With the introduction of metagenomic analyses of commensal microbiomes, and increasing attention to the importance of bacterial colonization for neonatal gut health and lifetime well-being, we can expect that genomic technologies will continue to contribute to advancing the science of infant formulation.
References
1. Shanahan F (2002). The host-microbe interface within the gut. Best Pract Res Clin Gastroenterol 16: 915-931.

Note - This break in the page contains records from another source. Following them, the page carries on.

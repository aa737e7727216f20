-- ===== src/TcpConnection/Tests.antt =====
-- A connection whose output waits.
use xweb.Prelude.{some, ◌>>=◌, ◌*◌, ◌≡◌, refl, [], ◌∷◌, ◌++◌, true, false, replicate}
use xweb.Buffer.{Buffer, content, retrieve, peek}
use xweb.Channel.{has_flag}
use xweb.TcpConnection.{TcpConnection, StateE, Effect, handle_write, drained}
use xweb.TcpConnection.Drain.{handle_writes}

abbrev output : Buffer
output = record { buffer = replicate 8 0 ++ b'h' ∷ b'i' ∷ []; reader_index = 8; writer_index = 10 }

abbrev busy_conn : TcpConnection
busy_conn = record {
  channel = record {
    events = 6;
    active_events = 0;
    last_events = 6;
    fd = 5;
    is_listen_fd = false;
    interval = 0;
    repeat = false;
  };
  high_water_mark = 64 * 1024 * 1024;
  state = StateE.connected;
  has_write_complete = true;
  has_high_water = false;
  input_buffer = output;
  output_buffer = output;
  pending = [];
  effects = [];
}

-- Two writes send what waits, and then the write side is shut down.
drains :
    (handle_writes (1 ∷ 5 ∷ []) (record busy_conn { state = StateE.disconnecting }) >>= λ c.
    some c.effects)
    ≡ some (
        Effect.sent (b'h' ∷ [])
        ∷ Effect.sent (b'i' ∷ [])
        ∷ Effect.update_channel 0
        ∷ Effect.write_complete_callback
        ∷ Effect.shutdown_write
        ∷ [])
unfolding handle_writes handle_write has_flag content retrieve drained peek
drains = refl
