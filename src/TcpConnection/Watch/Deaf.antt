-- ===== src/TcpConnection/Watch/Deaf.antt =====
-- net/tcp_connection.cpp and net/linux/epoller.cpp: a connection whose output was drained.
use xweb.Prelude.{
  Yields, ℕ, ◌<◌, ◌≡◌, refl, [], ◌∷◌, none, some, true, false, not, ◌&&◌, ◌==◌, arith, length,
  ℕ_discrete, tabulated, table_entry, Option-cases, inl, inr, ◌∙◌,
}
use xweb.Prelude.Map.{find}
use Prim.Native.Nat.{bit_and, bit_or}
use xweb.Buffer.{content}
use xweb.Channel.{Channel, is_writing, has_flag, set_event}
use xweb.Epoller.{Epoller, poll, interest, epollin, epollout}
use xweb.Epoller.Kernel.{watched}
use xweb.Epoller.Registry.{Registered}
use xweb.Epoller.Events.{dispatch, reached, handler_of, dispatch-poll}
use xweb.TcpConnection.{TcpConnection, handle_write, wrote, is_disconnected}
use xweb.TcpConnection.Stream.{Inv}
use xweb.TcpConnection.State.{handle_write-state}
use xweb.TcpConnection.Write.{handle_write_drains}
use xweb.TcpConnection.Watch.{System, IsClear, Synced, apply_all}
use xweb.TcpConnection.Watch.Steps.{handle_write-Synced}
use xweb.TcpConnection.Watch.Epoll.{Synced-watched}

-- EPOLLERR and EPOLLHUP, which epoll always reports.
abbrev always : ℕ
always = 24

-- What `epoll_wait` reports of what happened to a descriptor, by the mask that it watches it for.
unfoldable pub report : ℕ → ℕ → ℕ
report mask happened = bit_and happened (bit_or mask always)

quiet_table :
    tabulated (λ s. not (has_flag (report 0 s) epollin) && not (report 0 s == epollout)) 32 ≡ true
unfolding tabulated has_flag report
quiet_table = refl

unheard :
    (c : Channel) (happened : ℕ)
    → c.is_listen_fd ≡ false
    → happened < 32
    → handler_of (set_event c 0) (report 0 happened) ≡ none
unfolding handler_of set_event has_flag
unheard c happened connects h = ground (arith, connects, table_entry _ 32 happened quiet_table h)

unreached :
    (p : Epoller) (c : Channel) (fd reported : ℕ)
    → handler_of c reported ≡ none
    → reached p (λ _. c) ((fd, reported) ∷ []) ≡ []
unfolding reached
unreached p c fd reported h = elim (Option-cases (find ℕ_discrete p.channels fd)) [
  | inl e ↦ rw (e, reached) refl
  | inr (pointer, e) ↦ ground (arith, e, h)
]

-- Where the memory that `update` does not set is clear and every `epoll_ctl` succeeds: when
-- `handleWrite` has sent all that waited, on an open connection of which the poller knows, epoll
-- watches the descriptor for nothing, and whatever happens to it, no report of
-- `epoll_wait` makes the loop call a handler of the connection: what the peer sends is not read.
pub handle_write-deaf :
    (y : System)
    → IsClear y
    → (c : TcpConnection) (p : Epoller) (pointer happened : ℕ) → Inv c
    → Synced c
    → is_disconnected c.state ≡ false
    → is_writing c.channel ≡ true
    → Registered p
    → find ℕ_discrete (watched p) c.channel.fd ≡ none
    → happened < 32
    → Yields (handle_write c true (wrote (length (content c.output_buffer)))) (λ c'.
      let p' = apply_all y p pointer c.channel.fd c'.effects in
      (find ℕ_discrete (watched p') c.channel.fd ≡ some 0)
      × (dispatch
            (λ _. c'.channel)
            (poll p' (λ _. c'.channel) ((c.channel.fd, report 0 happened) ∷ []))
          ≡ []))
unfolding set_event interest has_flag
handle_write-deaf y k c p pointer happened i s open_yet busy r fresh h =
    let (c', made, (nothing, valid, channel, effects)) = handle_write_drains c i busy in
    let s' =
      handle_write-Synced c c' (wrote (length (content c.output_buffer))) i s open_yet made in
    let (here, others) = Synced-watched y k c' p pointer c.channel.fd s' r fresh in
    let state = handle_write-state c c' true (wrote (length (content c.output_buffer))) made in
    let p' = apply_all y p pointer c.channel.fd c'.effects in
    (
      c',
      made,
      (
        here ∙ rw (state, open_yet, channel) refl,
        dispatch-poll p' (λ _. c'.channel) ((c.channel.fd, report 0 happened) ∷ [])
            ∙ unreached p' c'.channel c.channel.fd (report 0 happened)
                (rw channel (unheard c.channel happened s.connects h)),
      ),
    )
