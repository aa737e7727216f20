-- ===== src/TcpConnection/Watch/Tests.antt =====
-- A connection whose output waits, and a poller that watches another descriptor.
use xweb.Prelude.{
  Yields, ◌*◌, ◌≡◌, refl, [], ◌∷◌, ◌++◌, some, true, false, arith, replicate, length, ℕ_discrete,
}
use xweb.Prelude.Map.{find, assign}
use xweb.Buffer.{Buffer, content}
use xweb.Buffer.Invariant.{IsValid, length-content}
use xweb.Channel.{is_writing, has_flag, set_event, new_channel}
use xweb.Epoller.{Epoller, poll, new_epoller, interest}
use xweb.Epoller.Kernel.{watched, replay, after}
use xweb.Epoller.Registry.{new_epoller-Registered}
use xweb.Epoller.Events.{dispatch}
use xweb.TcpConnection.{TcpConnection, StateE, Effect, wrote, handle_write}
use xweb.TcpConnection.Stream.{Inv}
use xweb.TcpConnection.Watch.{System, IsClear, Synced, apply_all, last_mask, all_low}
use xweb.TcpConnection.Watch.Deaf.{report, handle_write-deaf}

abbrev output : Buffer
output = record { buffer = replicate 8 0 ++ b'h' ∷ b'i' ∷ []; reader_index = 8; writer_index = 10 }

abbrev busy_conn : TcpConnection
busy_conn = record {
  channel = record {
    events = 6;
    active_events = 0;
    last_events = 6;
    fd = 5;
    is_listen_fd = false;
    interval = 0;
    repeat = false;
  };
  high_water_mark = 64 * 1024 * 1024;
  state = StateE.connected;
  has_write_complete = true;
  has_high_water = false;
  input_buffer = output;
  output_buffer = output;
  pending = [];
  effects = Effect.update_channel 2 ∷ Effect.connection_callback ∷ Effect.update_channel 6 ∷ [];
}

output-IsValid : IsValid output
output-IsValid = record {
  order = omega arith;
  inside = omega arith;
  room = omega arith;
  small = omega arith;
}

busy_conn-Inv : Inv busy_conn
unfolding is_writing has_flag
busy_conn-Inv = record {
  valid = output-IsValid;
  mask = omega arith;
  idle = λ e. absurd (ground (arith, e));
  busy = λ e. omega (arith, length-content output-IsValid);
}

busy_conn-Synced : Synced busy_conn
unfolding last_mask all_low
busy_conn-Synced = record { last = refl; masks = refl; low = omega arith; connects = refl }

-- A new poller, with its wakeup channel.
abbrev poller : Epoller
poller = new_epoller 3 0 0 true

abbrev clear : System
clear = record { unset = λ p. 0; succeeds = λ p. true }

clear-IsClear : IsClear clear
clear-IsClear = record { unset_clear = λ p. refl; all_succeed = λ p. refl }

handle_write-deaf_example :
    Yields (handle_write busy_conn true (wrote (length (content output)))) (λ c'.
      let p' = apply_all clear poller 1 5 c'.effects in
      (find ℕ_discrete (watched p') 5 ≡ some 0)
      × (dispatch (λ _. c'.channel) (poll p' (λ _. c'.channel) ((5, report 0 1) ∷ [])) ≡ []))
unfolding is_writing has_flag watched replay after find assign ℕ_discrete new_epoller interest
    set_event new_channel
handle_write-deaf_example =
    handle_write-deaf clear clear-IsClear busy_conn poller 1 1 busy_conn-Inv busy_conn-Synced refl
      refl (new_epoller-Registered 3 0 0 true) refl (omega arith)
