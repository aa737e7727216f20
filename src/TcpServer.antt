-- ===== src/TcpServer.antt =====
-- net/tcp_server.h and net/tcp_server.cpp: the connections of a server, by name. The map holds the
-- connections themselves; a connection that leaves it is destroyed. `none` is a failed `assert`, an
-- exception, or an int that overflows.
pub mod Names
pub mod Connections
pub mod Failure
pub mod Serve
mod Tests
use xweb.Prelude.{
  ℕ, suc, arith, refl, sym, ◌≢◌, List, [], ◌∷◌, ◌++◌, Option, none, some, Bool, true, false,
  if◌then◌else◌, ◌>>=◌, ◌>>◌, assert, ℕ_discrete, ◌≡◌, ◌^◌, ltb,
}
use xweb.Prelude.Int.{ℤ, pos}
use xweb.Prelude.Map.{find, erase, assign}
use xweb.LogStream.{convert}
use xweb.Buffer.Transfer.{ReadResult}
use xweb.TcpConnection
use xweb.TcpConnection.{
  TcpConnection, WriteResult, new_connection, connect_established, handle_channel, is_disconnected,
}
use xweb.TcpConnection.Run.{run_oldest}

abbrev pub Name : Type 0
Name = List ℕ

heads_differ : {x y : ℕ} {xs ys : Name} → x ≢ y → (x ∷ xs) ≢ (y ∷ ys)
heads_differ differs e = differs (ground (arith, e))

tails_differ : {x y : ℕ} {xs ys : Name} → xs ≢ ys → (x ∷ xs) ≢ (y ∷ ys)
tails_differ differs e = differs (ground (arith, e))

nil_differs : {x : ℕ} {xs : Name} → [] ≢ (x ∷ xs)
nil_differs e = absurd (ground (arith, e))

-- The map's order finds a name that is equal.
pub name_discrete : Discrete Name
unfolding ℕ_discrete
name_discrete [] [] = yes refl
name_discrete [] (y ∷ ys) = no nil_differs
name_discrete (x ∷ xs) [] = no (λ e. nil_differs (sym e))
name_discrete (x ∷ xs) (y ∷ ys) = elim (ℕ_discrete x y) [
  | no differs ↦ no (heads_differ differs)
  | yes p ↦ elim (name_discrete xs ys) [
    | no differs ↦ no (tails_differ differs)
    | yes q ↦ yes (rw (p, q) refl)
  ]
]

-- The callbacks are given by whether they are set.
pub record TcpServer : Type 0 where
  pub port : ℤ
  pub next_conn_id : ℕ
  pub started : Bool
  pub has_connection : Bool
  pub has_write_complete : Bool
  pub conn_map : List (Name × TcpConnection)

unfoldable pub new_server : ℤ → Bool → Bool → TcpServer
new_server port has_connection has_write_complete = record {
  port = port;
  next_conn_id = 0;
  started = false;
  has_connection = has_connection;
  has_write_complete = has_write_complete;
  conn_map = [];
}

-- `start`, and whether it calls `listen`.
pub start : TcpServer → TcpServer × Bool
start s = if s.started then (s, false) else (record s { started = true }, true)

-- "%d#%d", which fits its array of 64.
pub connection_name : ℤ → ℕ → Name
connection_name port id = convert port ++ b'#' ∷ convert (pos id)

-- `newConnection`; `connectEstablished` calls the connection callback, which must be set.
pub add_connection : TcpServer → Bool → ℕ → ℕ → Option TcpServer
unfolding connection_name
add_connection s in_loop sockfd active = do
  assert in_loop
  assert (ltb (suc s.next_conn_id) (2 ^ 31))
  let name = connection_name s.port s.next_conn_id
  conn ← connect_established (new_connection active sockfd s.has_write_complete false)
  assert s.has_connection
  some (record s {
    next_conn_id = suc s.next_conn_id;
    conn_map = assign name_discrete s.conn_map name conn;
  })

pub remove_connection : TcpServer → Name → TcpServer
remove_connection s name = record s { conn_map = erase name_discrete s.conn_map name }

-- What happens to a connection: an event of its channel, a call of its user, or the oldest functor
-- that waits for it in the loop.
pub data Action : Type 0 where
  ready : ℕ → ReadResult → WriteResult → Action
  sends : Bool → List ℕ → WriteResult → Action
  shuts : Bool → Action
  runs : WriteResult → Action

pub act : TcpConnection → Action → Option TcpConnection
act c (ready active read write) = handle_channel c active read write
act c (sends in_loop ds result) = TcpConnection.send c in_loop ds result
act c (shuts in_loop) = TcpConnection.shutdown c in_loop
act c (runs result) = run_oldest c c.pending result

-- A connection that closed called `removeConnection`, and is destroyed when its handler returns.
pub settle : TcpServer → Name → TcpConnection → Option TcpServer
unfolding remove_connection
settle s name c =
    if is_disconnected c.state
    then TcpConnection.destroy c >> some (remove_connection s name)
    else some (record s { conn_map = assign name_discrete s.conn_map name c })

pub handle : TcpServer → Name → Action → Option TcpServer
unfolding act settle
handle s name action = do
  c ← find name_discrete s.conn_map name
  c' ← act c action
  settle s name c'

-- The loop of the destructor: the map's is the last pointer to a connection.
pub destroy_all : List (Name × TcpConnection) → Bool → Option (Unit {0})
destroy_all [] in_loop = some tt
destroy_all ((name, c) ∷ rest) in_loop = do
  c' ← TcpConnection.shutdown c in_loop
  TcpConnection.destroy c'
  destroy_all rest in_loop

-- The destructor.
pub destroy : TcpServer → Bool → Option (Unit {0})
unfolding destroy_all
destroy s in_loop = assert in_loop >> destroy_all s.conn_map in_loop

-- The connections that a server comes to have.
pub data Reach : TcpServer → TcpServer → Type 0 where
  here : {s : TcpServer} → Reach s s
  accepted :
      {s t u : TcpServer} (in_loop : Bool) (sockfd active : ℕ)
      → Reach s t
      → add_connection t in_loop sockfd active ≡ some u
      → Reach s u
  handled :
      {s t u : TcpServer} (name : Name) (action : Action)
      → Reach s t
      → handle t name action ≡ some u
      → Reach s u
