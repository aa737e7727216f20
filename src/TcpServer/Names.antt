-- ===== src/TcpServer/Names.antt =====
-- net/tcp_server.cpp: the names that a server gives.
use xweb.Prelude.{ℕ, ◌≡◌, sym, ap, ◌∙◌, List, [], ◌∷◌, ◌++◌}
use xweb.Prelude.Int.{ℤ, pos, pos_part}
use xweb.LogStream.{convert}
use xweb.LogStream.Decimal.{decimal, decimal-convert}
use xweb.TcpServer.{connection_name}

append_cancel : (xs ys zs : List ℕ) → xs ++ ys ≡ xs ++ zs → ys ≡ zs
append_cancel [] ys zs h = h
append_cancel (x ∷ xs) ys zs h = append_cancel xs ys zs (cc (h))

cons_cancel : (c : ℕ) (ys zs : List ℕ) → c ∷ ys ≡ c ∷ zs → ys ≡ zs
cons_cancel c ys zs h = cc

-- Connections with different numbers have different names.
pub connection_name_injective :
    (port : ℤ) (i j : ℕ) → connection_name port i ≡ connection_name port j → i ≡ j
unfolding connection_name
connection_name_injective port i j h =
    let texts =
      cons_cancel b'#' (convert (pos i)) (convert (pos j)) (append_cancel (convert port) _ _ h) in
    ap pos_part (sym (decimal-convert (pos i)) ∙ ap decimal texts ∙ decimal-convert (pos j))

2. Penders J, Thijs C, Vink C, Stelma FF, Snijders B, et al (2006). Factors influencing the composition of the intestinal microbiota in early infancy. Pediatrics 118: 511-521.
3. Yatsunenko T, Rey FE, Manary MJ, Trehan I, Dominguez-Bello MG, et al (2012). Human gut microbiome viewed across age and geography. Nature 486: 222-227.
4. Wallace TC, Guarner F, Madsen K, Cabana MD, Gibson G, et al (2011). Human gut microbiota and its relationship to health and disease. Nutr Rev 69: 392-403.
5. Lathrop SK, Bloom SM, Rao SM, Nutsch K, Lio CW, et al (2011). Peripheral education of the immune system by colonic commensal microbiota. Nature 478: 250-254.
6. Gomez-Gallego C, Collado MC, Perez G, Ilo T, Jaakkola UM, et al (2014). Resembling breast milk: influence of polyamine-supplemented formula on neonatal BALB/cOlaHsd mouse microbiota. Br J Nutr 111: 1050-1058.